Figure 1.6. First model statistics and confusion matrix

In terms of tax claim amounts, the model appears to perform quite well, since the selected taxpayers’ average due additional taxes amounts to € 49,094, whereas the average on the entire test set is equal to € 22,339.

So far, we have shown that our model, on average, is able to distinguish serious tax evasion phenomena from the less significant ones. But what about the tax collection issue? To deal with this matter, we should investigate what kind of taxpayers we have just selected. For this purpose, Table 1.3 shows that the majority of the taxpayers, the model would select, would also be subject to coercive procedures (as we can see, the sum of the values of each column is 100%).

Table 1.3. Predicted values versus actual coercive procedures

Pred Interesting Not Interesting
Act
Procedure 70.12% 32.24%
No procedure 29.88% 67.76%

Thus, many of the selected taxpayers have a debt payment issue. This jeopardizes the overall selection process efficiency and effectiveness. As pointed out by the Italian Court of Auditors, coercive procedures, on average, are able to collect only about 5% of the overall claimed credits.
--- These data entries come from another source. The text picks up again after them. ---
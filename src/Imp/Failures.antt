-- ===== src/Imp/Failures.antt =====
-- imp.rs: a batch that does not commit changes no index.
use Prim.Native.Nat.{◌-◌}
use block_rust.Base.{
  ◌≡◌, refl, ◌∙◌, true, Option, none, some, List, ◌==◌, u64_mod, Outcome, ok, err, panic, Error,
  Bool-cases, inl, inr, ap,
}
use block_rust.Base.Exec.{continue}
use block_rust.Base.Ord.{bytes_ord}
use block_rust.OrdMap.{get}
use block_rust.Types.{Batch, BatchCommit}
use block_rust.Command.{Command}
use block_rust.CommitLog.{CommitCommand}
use block_rust.LogFile.{LogFile}
use block_rust.Db
use block_rust.Db.{Db, Name, wrapping_next, new_batch_commit_number}
use block_rust.Db.Failures
use block_rust.Db.Steady.{
  IsSteady, index_of, index_in, ready_commit-IsSteady, abort_commit-IsSteady, close-IsSteady,
}
use block_rust.Imp.{WriteBatch, ready_trees, each_attempt, finish_commit, commit, abort, close}
use block_rust.Imp.Loops.{Keeps, bind-Keeps, each_attempt-Keeps, ready_trees-Keeps}

module _ {f : LogFile Command} {g : LogFile CommitCommand} where
  new_number-IsSteady : (db0 : Db f g) → Keeps (IsSteady db0) (new_batch_commit_number f g)
  unfolding new_batch_commit_number
  new_number-IsSteady db0 db h = elim (Bool-cases (db.next_batch_commit == u64_mod - 1)) [
    | inl full ↦ rw full (record { indexes = h.indexes; view = h.view; next = h.next })
    | inr room ↦ rw room (record { indexes = h.indexes; view = h.view; next = h.next })
  ]

  -- All that a commit of the batch may have done before it commits.
  readied :
      (db0 : Db f g) (b : Batch) (bc : BatchCommit) (trees : List Name) (error : Option Error)
      → Keeps
          (IsSteady db0)
          (ready_trees (Db.ready_commit f g b bc) (Db.abort_commit f g b bc) error trees)
  readied db0 b bc trees error =
      ready_trees-Keeps (IsSteady db0) (Db.ready_commit f g b bc) (Db.abort_commit f g b bc) error
        trees (λ tree db h. ready_commit-IsSteady db0 db h b bc tree)
        (λ tree db h. abort_commit-IsSteady db0 db h b bc tree)

  numbered-IsSteady :
      (db : Db f g) (n : BatchCommit) → IsSteady db (record db { next_batch_commit = n })
  numbered-IsSteady db n = record { indexes = λ tree. refl; view = refl; next = refl }

  abbrev numbered : Db f g → Db f g
  numbered db = record db { next_batch_commit = wrapping_next f g db.next_batch_commit }

  -- A commit that fails leaves what it found.
  finish-failed :
      (db0 : Db f g) (b : Batch) (bc : BatchCommit) (e : Error)
      (x : Outcome (Option Error) × Db f g)
      → IsSteady db0 x.1
      → (continue x.0 (finish_commit f g b bc) x.1).0 ≡ err e
      → ((tree : Name)
          → index_of tree (continue x.0 (finish_commit f g b bc) x.1).1 ≡ index_of tree db0)
        × ((continue x.0 (finish_commit f g b bc) x.1).1.view_commit_limit ≡ db0.view_commit_limit)
  unfolding finish_commit
  finish-failed db0 b bc e (ok (some e'), db) h q = (h.indexes, h.view)
  finish-failed db0 b bc e (ok none, db) h q =
      let u = Failures.commit-IsUntouched f g db b bc e q in
      (λ tree. ap (λ ts. index_in (get tree ts)) u.trees ∙ h.indexes tree, u.view ∙ h.view)
  finish-failed db0 b bc e (err e', db) h q = (h.indexes, h.view)
  finish-failed db0 b bc e (panic, db) h q = (h.indexes, h.view)

  -- If the commit of a batch returns an error, because a tree's log or the commit log failed, then no
  -- index of any tree has changed, and neither has the limit of the views.
  pub commit-failed :
      (wb : WriteBatch) (db : Db f g) (e : Error)
      → (commit f g wb db).0 ≡ err e
      → ((tree : Name) → index_of tree (commit f g wb db).1 ≡ index_of tree db)
        × ((commit f g wb db).1.view_commit_limit ≡ db.view_commit_limit)
  unfolding commit new_batch_commit_number
  commit-failed wb db e h = elim (Bool-cases (db.next_batch_commit == u64_mod - 1)) [
    | inl full ↦ rw full (λ tree. refl, refl)
    | inr room ↦ rw room (
        finish-failed db wb.inner db.next_batch_commit e
          (ready_trees (Db.ready_commit f g wb.inner db.next_batch_commit)
            (Db.abort_commit f g wb.inner db.next_batch_commit) none wb.trees (numbered db))
          (readied db wb.inner db.next_batch_commit wb.trees none (numbered db)
            (numbered-IsSteady db (wrapping_next f g db.next_batch_commit)))
          (rw room at h))
  ]

  -- Neither `abort` nor `close` changes an index, the limit of the views or the next commit, whatever
  -- the logs return.
  pub abort-IsSteady :
      (wb : WriteBatch) (db : Db f g)
      → IsSteady db (abort f g wb db).1 × IsSteady db (close f g wb db).1
  unfolding abort close new_batch_commit_number
  abort-IsSteady wb db = (
    bind-Keeps (IsSteady db) (new_batch_commit_number f g)
        (λ bc. each_attempt (Db.abort_commit f g wb.inner bc) wb.trees) (new_number-IsSteady db)
        (λ bc.
          each_attempt-Keeps (IsSteady db) (Db.abort_commit f g wb.inner bc) wb.trees
            (λ tree s h. abort_commit-IsSteady db s h wb.inner bc tree))
        db (numbered-IsSteady db db.next_batch_commit),
    bind-Keeps (IsSteady db) (each_attempt (Db.close f g wb.inner) wb.trees)
        (λ u s. (ok (record wb { closed = true }), s))
        (each_attempt-Keeps (IsSteady db) (Db.close f g wb.inner) wb.trees
          (λ tree s h. close-IsSteady db s h wb.inner tree))
        (λ u s h. h) db (record { indexes = λ tree. refl; view = refl; next = refl }),
  )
To evaluate the problem extent, we can replace the actual tax claim value corresponding to the problematic taxpayers with the estimated collectable tax, which is equal to the tax claim multiplied by a discount factor of 95%, and compare the two scenarios, as in Figures 1.7 and 1.8, where we depict both the total tax claim and the average tax claim arising from the taxpayers’ notices in the entire test set.


Figure 1.7. Total tax claim and discounted tax claim. For a color version of this figure, see www.iste.co.uk/dimotikalis/analysis2.zip

Taxpayers are ordered, from left to right, according to their probability of being interesting, as calculated by our model. Figure 1.7, for instance, depicts the cumulative tax claim charged up to a certain taxpayer: the red line values refer to the additional taxes requested with the tax notices, while the black line is drawn by considering the discounted values. The dashed vertical line indicates the levels corresponding to the last selected taxpayer according to the model (in our case, the 415th). Recall that when associating a class label with a record, the model also provides a probability, which highlights how confident the model is about its own prediction. Therefore, to a certain extent, it sets a ranking among taxpayers, which we can exploit to draw Figures 1.7 and 1.8. As we can easily observe, the overall tax claim charged to the selected taxpayers plummets from € 20 million to € 5 million, and the average tax claim, depicted in Figure 1.8, from € 49,000 to € 12,000. Thus, the selection process, which relied on our data mining model and at first sight seemed to be very efficient, shows some important flaws that we need to face. In fact, tax collectability is not adequately guaranteed.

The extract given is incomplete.